Stored items:
=======
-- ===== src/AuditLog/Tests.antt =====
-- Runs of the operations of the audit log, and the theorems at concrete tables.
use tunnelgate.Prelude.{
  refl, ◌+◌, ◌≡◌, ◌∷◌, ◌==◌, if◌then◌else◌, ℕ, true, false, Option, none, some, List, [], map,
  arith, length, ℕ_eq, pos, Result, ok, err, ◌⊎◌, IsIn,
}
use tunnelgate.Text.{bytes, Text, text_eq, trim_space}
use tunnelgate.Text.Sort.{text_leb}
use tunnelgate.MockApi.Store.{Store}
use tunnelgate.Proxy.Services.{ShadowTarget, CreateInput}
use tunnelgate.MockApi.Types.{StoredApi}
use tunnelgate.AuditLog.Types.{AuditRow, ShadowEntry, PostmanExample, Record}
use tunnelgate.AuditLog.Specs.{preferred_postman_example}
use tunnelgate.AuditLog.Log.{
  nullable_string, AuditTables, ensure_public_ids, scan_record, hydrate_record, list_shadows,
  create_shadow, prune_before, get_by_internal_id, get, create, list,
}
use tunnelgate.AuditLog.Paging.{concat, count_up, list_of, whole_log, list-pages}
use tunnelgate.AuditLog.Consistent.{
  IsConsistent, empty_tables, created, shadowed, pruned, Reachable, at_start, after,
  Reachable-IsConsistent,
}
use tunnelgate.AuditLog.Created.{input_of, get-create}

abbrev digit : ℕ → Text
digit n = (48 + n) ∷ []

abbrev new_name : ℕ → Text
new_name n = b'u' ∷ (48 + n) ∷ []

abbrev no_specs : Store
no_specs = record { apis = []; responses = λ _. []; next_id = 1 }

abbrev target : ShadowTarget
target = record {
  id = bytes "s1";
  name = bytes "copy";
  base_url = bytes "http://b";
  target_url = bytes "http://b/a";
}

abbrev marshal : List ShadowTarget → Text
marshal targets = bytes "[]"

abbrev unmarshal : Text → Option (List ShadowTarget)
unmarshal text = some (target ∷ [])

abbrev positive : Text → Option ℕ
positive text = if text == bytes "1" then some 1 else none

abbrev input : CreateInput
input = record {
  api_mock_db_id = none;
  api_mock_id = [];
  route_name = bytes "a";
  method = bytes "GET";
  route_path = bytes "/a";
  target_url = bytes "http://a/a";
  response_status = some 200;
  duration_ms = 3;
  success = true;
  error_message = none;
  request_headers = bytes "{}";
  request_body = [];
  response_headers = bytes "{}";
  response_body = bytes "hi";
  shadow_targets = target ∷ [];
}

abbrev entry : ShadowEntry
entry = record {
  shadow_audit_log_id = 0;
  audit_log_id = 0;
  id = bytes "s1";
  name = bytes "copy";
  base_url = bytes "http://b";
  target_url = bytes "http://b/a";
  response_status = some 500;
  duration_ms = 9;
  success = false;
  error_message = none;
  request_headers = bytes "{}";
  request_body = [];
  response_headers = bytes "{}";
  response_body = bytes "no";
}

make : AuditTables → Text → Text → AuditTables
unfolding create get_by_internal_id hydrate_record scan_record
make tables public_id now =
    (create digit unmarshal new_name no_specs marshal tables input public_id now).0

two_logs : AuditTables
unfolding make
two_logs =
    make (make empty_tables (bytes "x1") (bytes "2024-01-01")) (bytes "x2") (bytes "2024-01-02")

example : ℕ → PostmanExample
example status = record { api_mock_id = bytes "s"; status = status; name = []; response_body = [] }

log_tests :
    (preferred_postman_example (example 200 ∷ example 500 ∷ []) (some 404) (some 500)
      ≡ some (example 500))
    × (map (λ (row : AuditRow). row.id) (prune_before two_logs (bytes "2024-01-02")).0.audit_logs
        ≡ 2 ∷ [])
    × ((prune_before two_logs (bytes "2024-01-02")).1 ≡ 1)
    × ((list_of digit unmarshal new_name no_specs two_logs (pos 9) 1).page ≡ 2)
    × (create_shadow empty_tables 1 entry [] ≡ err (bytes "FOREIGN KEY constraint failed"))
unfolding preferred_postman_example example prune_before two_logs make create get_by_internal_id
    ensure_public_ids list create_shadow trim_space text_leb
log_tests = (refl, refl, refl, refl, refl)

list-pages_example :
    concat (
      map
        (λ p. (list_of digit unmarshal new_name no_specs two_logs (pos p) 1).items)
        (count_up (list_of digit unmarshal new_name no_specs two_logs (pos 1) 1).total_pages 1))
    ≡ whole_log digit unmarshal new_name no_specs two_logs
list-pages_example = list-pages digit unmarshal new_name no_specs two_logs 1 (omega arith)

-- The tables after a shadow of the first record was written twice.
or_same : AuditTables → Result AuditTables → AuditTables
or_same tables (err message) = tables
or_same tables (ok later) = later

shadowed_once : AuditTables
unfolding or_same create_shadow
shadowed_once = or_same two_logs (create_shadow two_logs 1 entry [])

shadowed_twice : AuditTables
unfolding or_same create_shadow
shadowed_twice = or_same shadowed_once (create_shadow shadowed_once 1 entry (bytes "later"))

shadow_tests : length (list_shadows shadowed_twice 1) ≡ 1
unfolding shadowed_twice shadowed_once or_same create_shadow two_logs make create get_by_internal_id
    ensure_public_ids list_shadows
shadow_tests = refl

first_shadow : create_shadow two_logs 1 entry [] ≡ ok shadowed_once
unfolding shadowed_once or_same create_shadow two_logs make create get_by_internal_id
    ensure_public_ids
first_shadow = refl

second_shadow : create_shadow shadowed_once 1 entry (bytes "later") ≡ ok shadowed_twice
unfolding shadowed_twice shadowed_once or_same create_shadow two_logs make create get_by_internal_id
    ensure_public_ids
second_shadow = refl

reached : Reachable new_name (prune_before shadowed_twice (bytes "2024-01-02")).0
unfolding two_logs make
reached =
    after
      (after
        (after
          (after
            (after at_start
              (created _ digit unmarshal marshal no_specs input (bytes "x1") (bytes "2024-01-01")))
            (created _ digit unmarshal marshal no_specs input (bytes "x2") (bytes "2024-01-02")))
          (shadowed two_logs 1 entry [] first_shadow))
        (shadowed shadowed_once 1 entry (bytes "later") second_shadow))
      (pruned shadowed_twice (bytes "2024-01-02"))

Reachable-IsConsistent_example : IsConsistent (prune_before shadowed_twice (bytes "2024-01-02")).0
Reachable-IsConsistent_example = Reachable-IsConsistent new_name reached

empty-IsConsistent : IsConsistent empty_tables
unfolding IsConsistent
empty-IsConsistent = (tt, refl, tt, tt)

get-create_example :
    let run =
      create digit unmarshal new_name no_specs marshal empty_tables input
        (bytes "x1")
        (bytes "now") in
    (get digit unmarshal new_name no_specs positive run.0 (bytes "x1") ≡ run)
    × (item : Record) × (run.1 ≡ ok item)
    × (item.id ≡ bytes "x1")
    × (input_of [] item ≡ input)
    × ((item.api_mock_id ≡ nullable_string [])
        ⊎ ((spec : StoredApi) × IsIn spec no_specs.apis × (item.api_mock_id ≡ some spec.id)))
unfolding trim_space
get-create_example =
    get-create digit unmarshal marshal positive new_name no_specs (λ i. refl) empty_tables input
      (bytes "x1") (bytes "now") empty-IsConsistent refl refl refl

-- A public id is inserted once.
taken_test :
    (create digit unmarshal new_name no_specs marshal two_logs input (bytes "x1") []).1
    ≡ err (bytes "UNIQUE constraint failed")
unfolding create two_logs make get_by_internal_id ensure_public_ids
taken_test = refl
=======
__Task details__:
Reproduce the data in full, precisely as given.

__Response below__:
-- ===== src/AuditLog/Tests.antt =====
-- Runs of the operations of the audit log, and the theorems at concrete tables.
use tunnelgate.Prelude.{
  refl, ◌+◌, ◌≡◌, ◌∷◌, ◌==◌, if◌then◌else◌, ℕ, true, false, Option, none, some, List, [], map,
  arith, length, ℕ_eq, pos, Result, ok, err, ◌⊎◌, IsIn,
}
use tunnelgate.Text.{bytes, Text, text_eq, trim_space}
use tunnelgate.Text.Sort.{text_leb}
use tunnelgate.MockApi.Store.{Store}
use tunnelgate.Proxy.Services.{ShadowTarget, CreateInput}
use tunnelgate.MockApi.Types.{StoredApi}
use tunnelgate.AuditLog.Types.{AuditRow, ShadowEntry, PostmanExample, Record}
use tunnelgate.AuditLog.Specs.{preferred_postman_example}
use tunnelgate.AuditLog.Log.{
  nullable_string, AuditTables, ensure_public_ids, scan_record, hydrate_record, list_shadows,
  create_shadow, prune_before, get_by_internal_id, get, create, list,
}
use tunnelgate.AuditLog.Paging.{concat, count_up, list_of, whole_log, list-pages}
use tunnelgate.AuditLog.Consistent.{
  IsConsistent, empty_tables, created, shadowed, pruned, Reachable, at_start, after,
  Reachable-IsConsistent,
}
use tunnelgate.AuditLog.Created.{input_of, get-create}

abbrev digit : ℕ → Text
digit n = (48 + n) ∷ []

abbrev new_name : ℕ → Text
new_name n = b'u' ∷ (48 + n) ∷ []

abbrev no_specs : Store
no_specs = record { apis = []; responses = λ _. []; next_id = 1 }

abbrev target : ShadowTarget
target = record {
  id = bytes "s1";
  name = bytes "copy";
  base_url = bytes "http://b";
  target_url = bytes "http://b/a";
}

abbrev marshal : List ShadowTarget → Text
marshal targets = bytes "[]"

abbrev unmarshal : Text → Option (List ShadowTarget)
unmarshal text = some (target ∷ [])

abbrev positive : Text → Option ℕ
positive text = if text == bytes "1" then some 1 else none

abbrev input : CreateInput
input = record {
  api_mock_db_id = none;
  api_mock_id = [];
  route_name = bytes "a";
  method = bytes "GET";
  route_path = bytes "/a";
  target_url = bytes "http://a/a";
  response_status = some 200;
  duration_ms = 3;
  success = true;
  error_message = none;
  request_headers = bytes "{}";
  request_body = [];
  response_headers = bytes "{}";
  response_body = bytes "hi";
  shadow_targets = target ∷ [];
}

abbrev entry : ShadowEntry
entry = record {
  shadow_audit_log_id = 0;
  audit_log_id = 0;
  id = bytes "s1";
  name = bytes "copy";
  base_url = bytes "http://b";
  target_url = bytes "http://b/a";
  response_status = some 500;
  duration_ms = 9;
  success = false;
  error_message = none;
  request_headers = bytes "{}";
  request_body = [];
  response_headers = bytes "{}";
  response_body = bytes "no";
}

make : AuditTables → Text → Text → AuditTables
unfolding create get_by_internal_id hydrate_record scan_record
make tables public_id now =
    (create digit unmarshal new_name no_specs marshal tables input public_id now).0

two_logs : AuditTables
unfolding make
two_logs =
    make (make empty_tables (bytes "x1") (bytes "2024-01-01")) (bytes "x2") (bytes "2024-01-02")

example : ℕ → PostmanExample
example status = record { api_mock_id = bytes "s"; status = status; name = []; response_body = [] }

log_tests :
    (preferred_postman_example (example 200 ∷ example 500 ∷ []) (some 404) (some 500)
      ≡ some (example 500))
    × (map (λ (row : AuditRow). row.id) (prune_before two_logs (bytes "2024-01-02")).0.audit_logs
        ≡ 2 ∷ [])
    × ((prune_before two_logs (bytes "2024-01-02")).1 ≡ 1)
    × ((list_of digit unmarshal new_name no_specs two_logs (pos 9) 1).page ≡ 2)
    × (create_shadow empty_tables 1 entry [] ≡ err (bytes "FOREIGN KEY constraint failed"))
unfolding preferred_postman_example example prune_before two_logs make create get_by_internal_id
    ensure_public_ids list create_shadow trim_space text_leb
log_tests = (refl, refl, refl, refl, refl)

list-pages_example :
    concat (
      map
        (λ p. (list_of digit unmarshal new_name no_specs two_logs (pos p) 1).items)
        (count_up (list_of digit unmarshal new_name no_specs two_logs (pos 1) 1).total_pages 1))
    ≡ whole_log digit unmarshal new_name no_specs two_logs
list-pages_example = list-pages digit unmarshal new_name no_specs two_logs 1 (omega arith)

-- The tables after a shadow of the first record was written twice.
or_same : AuditTables → Result AuditTables → AuditTables
or_same tables (err message) = tables
or_same tables (ok later) = later

shadowed_once : AuditTables
unfolding or_same create_shadow
shadowed_once = or_same two_logs (create_shadow two_logs 1 entry [])

shadowed_twice : AuditTables
unfolding or_same create_shadow
shadowed_twice = or_same shadowed_once (create_shadow shadowed_once 1 entry (bytes "later"))

shadow_tests : length (list_shadows shadowed_twice 1) ≡ 1
unfolding shadowed_twice shadowed_once or_same create_shadow two_logs make create get_by_internal_id
    ensure_public_ids list_shadows
shadow_tests = refl

first_shadow : create_shadow two_logs 1 entry [] ≡ ok shadowed_once
unfolding shadowed_once or_same create_shadow two_logs make create get_by_internal_id
    ensure_public_ids
first_shadow = refl

second_shadow : create_shadow shadowed_once 1 entry (bytes "later") ≡ ok shadowed_twice
unfolding shadowed_twice shadowed_once or_same create_shadow two_logs make create get_by_internal_id
    ensure_public_ids
second_shadow = refl

reached : Reachable new_name (prune_before shadowed_twice (bytes "2024-01-02")).0
unfolding two_logs make
reached =
    after
      (after
        (after
          (after
            (after at_start
              (created _ digit unmarshal marshal no_specs input (bytes "x1") (bytes "2024-01-01")))
            (created _ digit unmarshal marshal no_specs input (bytes "x2") (bytes "2024-01-02")))
          (shadowed two_logs 1 entry [] first_shadow))
        (shadowed shadowed_once 1 entry (bytes "later") second_shadow))
      (pruned shadowed_twice (bytes "2024-01-02"))

Reachable-IsConsistent_example : IsConsistent (prune_before shadowed_twice (bytes "2024-01-02")).0
Reachable-IsConsistent_example = Reachable-IsConsistent new_name reached

empty-IsConsistent : IsConsistent empty_tables
unfolding IsConsistent
empty-IsConsistent = (tt, refl, tt, tt)

get-create_example :
    let run =
      create digit unmarshal new_name no_specs marshal empty_tables input
        (bytes "x1")
        (bytes "now") in
    (get digit unmarshal new_name no_specs positive run.0 (bytes "x1") ≡ run)
    × (item : Record) × (run.1 ≡ ok item)
    × (item.id ≡ bytes "x1")
    × (input_of [] item ≡ input)
    × ((item.api_mock_id ≡ nullable_string [])
        ⊎ ((spec : StoredApi) × IsIn spec no_specs.apis × (item.api_mock_id ≡ some spec.id)))
unfolding trim_space
get-create_example =
    get-create digit unmarshal marshal positive new_name no_specs (λ i. refl) empty_tables input
      (bytes "x1") (bytes "now") empty-IsConsistent refl refl refl

-- A public id is inserted once.
taken_test :
    (create digit unmarshal new_name no_specs marshal two_logs input (bytes "x1") []).1
    ≡ err (bytes "UNIQUE constraint failed")
unfolding create two_logs make get_by_internal_id ensure_public_ids
taken_test = refl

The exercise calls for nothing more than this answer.